We will not vote for the Bill tonight, mainly because it seems to have been written before the covid crisis. It seems to ignore the fact that we need a new approach to immigration based on solidarity, decent jobs, employment protections and quality public services for all, with all EU citizens guaranteed the right to remain in the UK. Anybody who has been watching “Sitting in Limbo” and following the fantastic work done by the journalist Amelia Gentleman on Windrush will know that it is these sorts of debates that sometimes end up creating systems that cause huge problems for hard-working families.

I wish to speak briefly to some of the amendments and new clauses. First, my right hon. Friend the Member for Normanton, Pontefract and Castleford (Yvette Cooper) has tabled a proposal that emphasises the need for a plan for and provision in the crucial area of social care. We are nowhere near through this pandemic and we desperately need to encourage those working day in, day out in the care sector. Those watching this, perhaps in the course of their duties today, may well feel a bit down and depressed that we are not backing them a little more with this Bill.

Secondly, I wish to talk briefly to the question of care leavers, as addressed by new clause 2. Care leavers face numerous levels of disadvantage. Anyone who has worked in a local authority context will be aware of just how many placements the average child in care goes through. Many children go from home to home, from foster carer to foster carer, into residential care and out again, and into their own flat. Throughout that journey they often lose documents and the phone numbers of their legal advisers. Changes to legal aid mean that they can no longer access legal aid. We then have a very disadvantaged and needy 17-year-old who desperately needs immigration advice when they are about to turn 18. Such are the realities of children’s lives in care. We are talking about a tiny number of individuals. It is the sort of clause that we should all be voting for so that a very small number of people are not left out of the system.

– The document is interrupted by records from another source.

-- ===== src/Sidecar/Requests.antt =====
-- The requests and responses of the sidecar's RPCs (proto/sidecar.proto), as far as
-- src/services/sidecar_service.cpp uses them.
use nexus_d_pub_sub.Prelude.{ℕ, Bool, Text, List}
use nexus_d_pub_sub.Prelude.Int.{ℤ}
use nexus_d_pub_sub.Stream.{GapRecoveryMode}

pub record PublishRequest : Type 0 where
  pub topic : Text
  pub payload : Text
  pub content_type : Text
  pub retain : Bool
  pub correlation_id : Text
  pub ttl_ms : ℤ

pub record PublishResponse : Type 0 where
  pub success : Bool
  pub message_id : Text
  pub subscriber_count : ℕ
  pub error_message : Text

pub record SubscribeRequest : Type 0 where
  pub topics : List Text
  pub client_id : Text
  pub receive_retained : Bool
  pub max_buffer_size : ℤ

pub record ResumeSubscribeRequest : Type 0 where
  pub subscription_id : Text
  pub last_sequence_number : ℕ
  pub gap_recovery_mode : GapRecoveryMode

pub record PeerEntry : Type 0 where
  pub instance_uuid : Text
  pub endpoint : Text
  pub last_seen_ms : ℕ
  pub cluster_id : Text
  pub topic_state_hash : ℕ
  pub status : Text
  pub topics : List Text
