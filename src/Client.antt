-- ===== src/Client.antt =====
-- clients/cpp/src/client.cpp, class ClientImpl, to which class Client hands every call. gRPC is a
-- parameter: what each call of the stub ends with, and for Subscribe the events that the reader gives
-- before. The callbacks of `subscribe` are listed in the order of the calls.
pub mod Delivery
use nexus_d_pub_sub.Prelude.{
  ℕ, Bool, true, false, not, ◌&&◌, Text, List, [], ◌∷◌, Option, none, some, if◌then◌else◌,
}
use nexus_d_pub_sub.Prelude.Int.{ℤ}
use nexus_d_pub_sub.Stream.{MessageEvent, message, retained_message}
use nexus_d_pub_sub.Stream
use nexus_d_pub_sub.Sidecar.Requests.{PublishRequest, PublishResponse, SubscribeRequest}

pub record Status : Type 0 where
  pub is_ok : Bool
  pub is_cancelled : Bool
  pub error_message : Text

-- UnsubscribeRequest; `pause` is false where it is not set.
pub record UnsubscribeRequest : Type 0 where
  pub subscription_id : Text
  pub pause : Bool

pub record Stub : Type 0 where
  pub publish : PublishRequest → Status × PublishResponse
  pub subscribe : SubscribeRequest → List MessageEvent × Status
  pub unsubscribe : UnsubscribeRequest → Status × Bool

pub record PublishOptions : Type 0 where
  pub content_type : Text
  pub retain : Bool
  pub correlation_id : Text
  pub ttl_ms : ℤ

pub record PublishResult : Type 0 where
  pub success : Bool
  pub message_id : Text
  pub subscriber_count : ℕ
  pub error_message : Text

pub record SubscribeOptions : Type 0 where
  pub client_id : Text
  pub receive_retained : Bool
  pub max_buffer_size : ℤ

-- The Message of the client, which is what a callback gets.
pub record Message : Type 0 where
  pub message_id : Text
  pub topic : Text
  pub payload : Text
  pub content_type : Text
  pub timestamp_ms : ℤ
  pub source_node_id : Text
  pub correlation_id : Text
  pub is_retained : Bool
  pub is_replay : Bool
  pub sequence_number : ℕ

unfoldable pub request_of : Text → Text → PublishOptions → PublishRequest
request_of topic payload options = record {
  topic = topic;
  payload = payload;
  content_type = options.content_type;
  retain = options.retain;
  correlation_id = options.correlation_id;
  ttl_ms = options.ttl_ms;
}

-- The result of `publish` for what the call ended with.
unfoldable pub result_of : Status → PublishResponse → PublishResult
result_of status response =
    if status.is_ok
    then record {
      success = response.success;
      message_id = response.message_id;
      subscriber_count = response.subscriber_count;
      error_message = response.error_message;
    }
    else record {
      success = false;
      message_id = [];
      subscriber_count = 0;
      error_message = status.error_message;
    }

-- The fields that the loop of `subscribe` sets; the others keep their defaults.
unfoldable pub received : Bool → Stream.Message → Message
received is_retained m = record {
  message_id = m.message_id;
  topic = m.topic;
  payload = m.payload;
  content_type = m.content_type;
  timestamp_ms = m.timestamp_ms;
  source_node_id = m.source_node_id;
  correlation_id = m.correlation_id;
  is_retained = is_retained;
  is_replay = false;
  sequence_number = 0;
}

-- The loop of `subscribe`: the messages that the callback is called with.
unfoldable pub read_events : List MessageEvent → List Message
unfolding received
read_events [] = []
read_events (message m ∷ events) = received false m ∷ read_events events
read_events (retained_message m ∷ events) = received true m ∷ read_events events
read_events (_ ∷ events) = read_events events

-- What the error callback is called with, if it is set and called.
unfoldable pub error_of : Bool → Status → Option Text
error_of has_callback status =
    if not status.is_ok && not status.is_cancelled && has_callback
    then some status.error_message
    else none

module _ (stub : Stub) where
  unfoldable pub publish : Text → Text → PublishOptions → PublishResult
  unfolding request_of result_of
  publish topic payload options =
      let (status, response) = stub.publish (request_of topic payload options) in
      result_of status response

  unfoldable pub subscribe : List Text → Bool → SubscribeOptions → List Message × Option Text
  unfolding read_events error_of
  subscribe topics has_error_callback options =
      let (events, status) = stub.subscribe record {
        topics = topics;
        client_id = options.client_id;
        receive_retained = options.receive_retained;
        max_buffer_size = options.max_buffer_size;
      } in
      (read_events events, error_of has_error_callback status)

  unfoldable pub unsubscribe : Text → Bool
  unsubscribe subscription_id =
      let (status, success) =
        stub.unsubscribe record { subscription_id = subscription_id; pause = false } in
      status.is_ok && success
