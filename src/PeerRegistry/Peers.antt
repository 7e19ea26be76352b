-- ===== src/PeerRegistry/Peers.antt =====
-- The peers of a PeerRegistry (src/core/peer_registry.cpp): discovery, synchronisation, reaping,
-- and the routing table built from them.
use nexus_d_pub_sub.Prelude.{
  ℕ, ◌-◌, Bool, true, false, Text, List, [], ◌∷◌, Option, none, some, map, ltb, if◌then◌else◌, not,
  ◌==◌, to_milliseconds,
}
use nexus_d_pub_sub.Prelude.Map.{Map, find, assign, erase, contains}
use nexus_d_pub_sub.Prelude.Links.{Links, link_all, ids_of}
use nexus_d_pub_sub.PeerRegistry.{PeerStatus, PeerInfo, PeerRegistry}

-- The loop of `rebuildRoutingTable`.
unfoldable pub routes : Map PeerInfo → Links → Links
routes [] table = table
routes ((peer_id, peer) ∷ m) table =
    routes m (if peer.synced then link_all peer.topics peer_id table else table)

unfoldable pub rebuild_routing_table : PeerRegistry → PeerRegistry
unfolding routes
rebuild_routing_table r = record r { routing_table = routes r.peers [] }

-- The update of a known peer in `upsertPeer`.
unfoldable pub refresh_peer : ℕ → PeerInfo → PeerInfo → PeerInfo
refresh_peer now info peer = record peer {
  synced = if peer.topic_state_hash == info.topic_state_hash then peer.synced else false;
  rpc_ip = info.rpc_ip;
  rpc_port = info.rpc_port;
  topic_state_hash = info.topic_state_hash;
  status = PeerStatus.alive;
  last_seen = now;
}

-- The new registry, and whether the peer's state has to be pulled.
unfoldable pub upsert_peer : ℕ → PeerInfo → PeerRegistry → PeerRegistry × Bool
unfolding refresh_peer
upsert_peer now info r = elim (find info.instance_uuid r.peers) [
  | none ↦ (record r { peers = assign info.instance_uuid info r.peers }, true)
  | some peer ↦ (
    record r { peers = assign info.instance_uuid (refresh_peer now info peer) r.peers },
    not (peer.topic_state_hash == info.topic_state_hash),
  )
]

-- Erasing an id that is not there changes nothing.
unfoldable pub remove_peer : Text → PeerRegistry → PeerRegistry
unfolding rebuild_routing_table
remove_peer instance_uuid r =
    rebuild_routing_table (record r { peers = erase instance_uuid r.peers })

unfoldable pub get_peer : Text → PeerRegistry → Option PeerInfo
get_peer instance_uuid r = find instance_uuid r.peers

unfoldable pub get_all_peers : PeerRegistry → List PeerInfo
get_all_peers r = map (λ e. e.1) r.peers

-- The first block of `updatePeerState`.
unfoldable pub set_state : Text → List Text → ℕ → PeerRegistry → PeerRegistry
set_state instance_uuid topics hash r = elim (find instance_uuid r.peers) [
  | none ↦ r
  | some peer ↦ record r {
    peers =
        assign instance_uuid
          (record peer { topics = topics; topic_state_hash = hash; synced = true }) r.peers;
  }
]

unfoldable pub update_peer_state : Text → List Text → ℕ → PeerRegistry → PeerRegistry
unfolding set_state rebuild_routing_table
update_peer_state instance_uuid topics hash r =
    rebuild_routing_table (set_state instance_uuid topics hash r)

-- `elapsed > timeout`, both in milliseconds; a negative `elapsed` is not, and is 0 here.
unfoldable pub is_dead : ℕ → ℕ → PeerInfo → Bool
is_dead now timeout peer = ltb timeout (to_milliseconds (now - peer.last_seen))

-- The loop of `reapDeadPeers`: the peers that stay, and the ids of the others.
unfoldable pub split_dead : ℕ → ℕ → Map PeerInfo → Map PeerInfo × List Text
unfolding is_dead
split_dead now timeout [] = ([], [])
split_dead now timeout ((id, peer) ∷ m) =
    let (live, gone) = split_dead now timeout m in
    if is_dead now timeout peer then (live, id ∷ gone) else ((id, peer) ∷ live, gone)

-- `if (!deadPeers.empty()) { rebuildRoutingTable(); }`
unfoldable pub rebuild_if_any : List Text → PeerRegistry → PeerRegistry
unfolding rebuild_routing_table
rebuild_if_any [] r = r
rebuild_if_any (id ∷ ids) r = rebuild_routing_table r

unfoldable pub reap_dead_peers : ℕ → ℕ → PeerRegistry → PeerRegistry × List Text
unfolding split_dead rebuild_if_any
reap_dead_peers now timeout r =
    let (live, gone) = split_dead now timeout r.peers in
    (rebuild_if_any gone (record r { peers = live }), gone)

unfoldable pub get_remote_subscribers : Text → PeerRegistry → List Text
get_remote_subscribers topic r = ids_of (find topic r.routing_table)

unfoldable pub get_routing_table : PeerRegistry → Links
get_routing_table r = r.routing_table

unfoldable pub has_subscribers : Text → PeerRegistry → Bool
has_subscribers topic r =
    if contains topic r.routing_table then true else contains topic r.topic_to_subscriptions
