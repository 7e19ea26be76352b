-- ===== src/PeerRegistry/Subscriptions.antt =====
-- The local subscriptions of a PeerRegistry (src/core/peer_registry.cpp): add, remove, pause,
-- resume, and the index `topicToSubscriptions_`. A time is in nanoseconds; a method that reads the
-- clock takes what it reads.
use nexus_d_pub_sub.Prelude.{
  ℕ, suc, ◌-◌, ◌*◌, Bool, true, false, Text, List, [], ◌∷◌, Option, none, some, if◌then◌else◌,
}
use nexus_d_pub_sub.Prelude.Int.{ℤ, pos, negsuc, ◌+ℤ◌, ltb_ℤ}
use nexus_d_pub_sub.Prelude.Map.{Map, find, assign, erase, contains, keys}
use nexus_d_pub_sub.Prelude.Links.{link_all, unlink_all, ids_of}
use nexus_d_pub_sub.PeerRegistry.{LocalSubscription, PausedSubscription, PeerRegistry}

-- The new registry, and the result.
unfoldable pub add_local_subscription :
    ℕ → Text → Text → List Text → ℤ → PeerRegistry → PeerRegistry × Bool
add_local_subscription now subscription_id client_id topics max_buffer_size r =
    if contains subscription_id r.local_subscriptions then (r, false) else (
      record r {
        local_subscriptions =
            assign subscription_id
              record {
                subscription_id = subscription_id;
                client_id = client_id;
                topics = topics;
                max_buffer_size = max_buffer_size;
                created_at = now;
                last_delivered_sequence = 0;
              }
              r.local_subscriptions;
        topic_to_subscriptions = link_all topics subscription_id r.topic_to_subscriptions;
        hash_dirty = true;
      },
      true,
    )

-- `std::chrono::milliseconds(ttl_ms)` in nanoseconds.
abbrev pub nanoseconds : ℤ → ℤ
nanoseconds (pos n) = pos (n * 1000000)
nanoseconds (negsuc n) = negsuc (suc n * 1000000 - 1)

-- What `removeLocalSubscription` saves of a subscription.
unfoldable pub pause_of : ℕ → ℤ → Text → LocalSubscription → PausedSubscription
pause_of now ttl subscription_id sub = record {
  subscription_id = subscription_id;
  client_id = sub.client_id;
  topics = sub.topics;
  max_buffer_size = sub.max_buffer_size;
  last_delivered_sequence = sub.last_delivered_sequence;
  topic_sequences = [];
  paused_at = now;
  expires_at = pos now +ℤ nanoseconds ttl;
}

unfoldable pub remove_local_subscription : ℕ → Text → Bool → ℤ → PeerRegistry → PeerRegistry × Bool
unfolding pause_of
remove_local_subscription now subscription_id pause ttl r =
    elim (find subscription_id r.local_subscriptions) [
      | none ↦ (r, false)
      | some sub ↦ (
        record r {
          paused_subscriptions =
              if pause
              then assign subscription_id (pause_of now ttl subscription_id sub)
                  r.paused_subscriptions
              else r.paused_subscriptions;
          topic_to_subscriptions = unlink_all sub.topics subscription_id r.topic_to_subscriptions;
          local_subscriptions = erase subscription_id r.local_subscriptions;
          hash_dirty = true;
        },
        true,
      )
    ]

unfoldable pub pause_subscription : ℕ → Text → ℤ → PeerRegistry → PeerRegistry × Bool
unfolding remove_local_subscription
pause_subscription now subscription_id ttl r =
    remove_local_subscription now subscription_id true ttl r

-- `now > expires_at`
unfoldable pub is_expired : ℕ → PausedSubscription → Bool
is_expired now p = ltb_ℤ p.expires_at (pos now)

-- The subscription that `resumeSubscription` makes of a paused one.
unfoldable pub resumed : ℕ → Text → PausedSubscription → LocalSubscription
resumed created_at subscription_id p = record {
  subscription_id = subscription_id;
  client_id = p.client_id;
  topics = p.topics;
  max_buffer_size = p.max_buffer_size;
  created_at = created_at;
  last_delivered_sequence = p.last_delivered_sequence;
}

-- `resumeSubscription` reads the clock twice. The result is `out_paused_info`, or none for false.
unfoldable pub resume_subscription :
    ℕ → ℕ → Text → PeerRegistry → PeerRegistry × Option PausedSubscription
unfolding is_expired resumed
resume_subscription now created_at subscription_id r =
    elim (find subscription_id r.paused_subscriptions) [
      | none ↦ (r, none)
      | some p ↦
          if is_expired now p
          then (
            record r { paused_subscriptions = erase subscription_id r.paused_subscriptions },
            none,
          )
          else (
            record r {
              local_subscriptions =
                  assign subscription_id (resumed created_at subscription_id p)
                    r.local_subscriptions;
              topic_to_subscriptions = link_all p.topics subscription_id r.topic_to_subscriptions;
              paused_subscriptions = erase subscription_id r.paused_subscriptions;
              hash_dirty = true;
            },
            some p,
          )
    ]

unfoldable pub get_paused_subscription : Text → PeerRegistry → Option PausedSubscription
get_paused_subscription subscription_id r = find subscription_id r.paused_subscriptions

-- The loop of `clearExpiredPausedSubscriptions`: what stays, and how many go.
unfoldable pub split_expired : ℕ → Map PausedSubscription → Map PausedSubscription × ℕ
unfolding is_expired
split_expired now [] = ([], 0)
split_expired now ((id, p) ∷ m) =
    let (rest, count) = split_expired now m in
    if is_expired now p then (rest, suc count) else ((id, p) ∷ rest, count)

unfoldable pub clear_expired_paused_subscriptions : ℕ → PeerRegistry → PeerRegistry × ℕ
unfolding split_expired
clear_expired_paused_subscriptions now r =
    let (rest, count) = split_expired now r.paused_subscriptions in
    (record r { paused_subscriptions = rest }, count)

-- The source does not use the topic either.
unfoldable pub update_subscription_sequence : Text → Text → ℕ → PeerRegistry → PeerRegistry
update_subscription_sequence subscription_id topic sequence r =
    elim (find subscription_id r.local_subscriptions) [
      | none ↦ r
      | some sub ↦ record r {
        local_subscriptions =
            assign subscription_id (record sub { last_delivered_sequence = sequence })
              r.local_subscriptions;
      }
    ]

-- The loop over the ids of a topic.
unfoldable pub lookup_all : List Text → Map LocalSubscription → List LocalSubscription
lookup_all [] m = []
lookup_all (id ∷ ids) m =
    let rest = lookup_all ids m in elim (find id m) [ none ↦ rest | some sub ↦ sub ∷ rest ]

unfoldable pub get_local_subscriptions : Text → PeerRegistry → List LocalSubscription
unfolding lookup_all
get_local_subscriptions topic r =
    lookup_all (ids_of (find topic r.topic_to_subscriptions)) r.local_subscriptions

unfoldable pub get_local_topics : PeerRegistry → List Text
get_local_topics r = keys r.topic_to_subscriptions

Thirdly, I call new clause 29 the Dubs clause. So many Members from all parties have spoken in favour of it, particularly the hon. Member for North East Bedfordshire (Richard Fuller), who has Yarl’s Wood detention centre in his constituency. Many children are desperate to join family members here in the UK. Many other immigration systems in developed countries have positive family reunion programmes that are quick, that include a system in which people do not have to go in and out of the rules and write to MPs and everything, and that are clear and provide for children who have been torn from their families, mainly by conflict, so that they can get that reunification.